**Exercise objective**
Write only the count of lines that hold the word "true" in the listing.

• • • • •

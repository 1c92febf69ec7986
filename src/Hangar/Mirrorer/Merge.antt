-- ===== src/Hangar/Mirrorer/Merge.antt =====
-- pkg/hangar/mirrorer.go: the manifest that is pushed.
use mathlib.Core.Option.{none-ne-some}
use image_tools.Manifest.{ManifestPlatform, ManifestImage, platform_equal, add_all}
use image_tools.Manifest.Builder.{digest_of, IsDistinct, last_digest, digest_of-add_all}
use image_tools.Manifest.Platforms.{platform_equal_iff}
use image_tools.Prelude.{
  ◌≡◌, refl, sym, ap, ◌∙◌, ◌≢◌, inl, inr, true, Option, none, some, List, [], ◌∷◌, Bool-cases, Text,
}

last_digest-some :
    (ps : List ManifestImage) (q : ManifestPlatform) (d : Text) → last_digest ps q (some d) ≢ none
unfolding last_digest
last_digest-some [] q d = λ h. absurd (none-ne-some d (sym h))
last_digest-some (p ∷ ps) q d = elim (Bool-cases (platform_equal p.platform q)) [
  | inl e ↦ rw e (last_digest-some ps q p.digest)
  | inr e ↦ rw e (last_digest-some ps q d)
]

-- What the builder holds after both loops.
pub merged-digest_of :
    (old new : List ManifestImage)
    → IsDistinct (add_all (add_all [] old) new)
      × ((q : ManifestPlatform)
          → digest_of (add_all (add_all [] old) new) q ≡ last_digest new q (last_digest old q none))
unfolding digest_of
merged-digest_of old new =
    let (d, e) = digest_of-add_all [] old tt in
    let (d₂, e₂) = digest_of-add_all (add_all [] old) new d in
    (d₂, λ q. e₂ q ∙ ap (last_digest new q) (e q))

last_digest-cons :
    (p : ManifestImage) (new : List ManifestImage) (q : ManifestPlatform) (before : Option Text)
    → platform_equal p.platform q ≡ true
    → last_digest (p ∷ new) q before ≡ last_digest new q (some p.digest)
unfolding last_digest
last_digest-cons p new q before h = rw h

digest_of_nil : (q : ManifestPlatform) → digest_of [] q ≡ none
unfolding digest_of
digest_of_nil q = refl

pub merged-ne-nil : (old new : List ManifestImage) → new ≢ [] → add_all (add_all [] old) new ≢ []
merged-ne-nil old [] h e = h refl
merged-ne-nil old (p ∷ new) h e = last_digest-some new p.platform p.digest (
    sym (last_digest-cons p new p.platform _ ((platform_equal_iff p.platform p.platform).1 refl))
    ∙ sym ((merged-digest_of old (p ∷ new)).1 p.platform)
    ∙ ap (λ l. digest_of l p.platform) e
    ∙ digest_of_nil p.platform)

• • • • •

**Output for this exercise**
2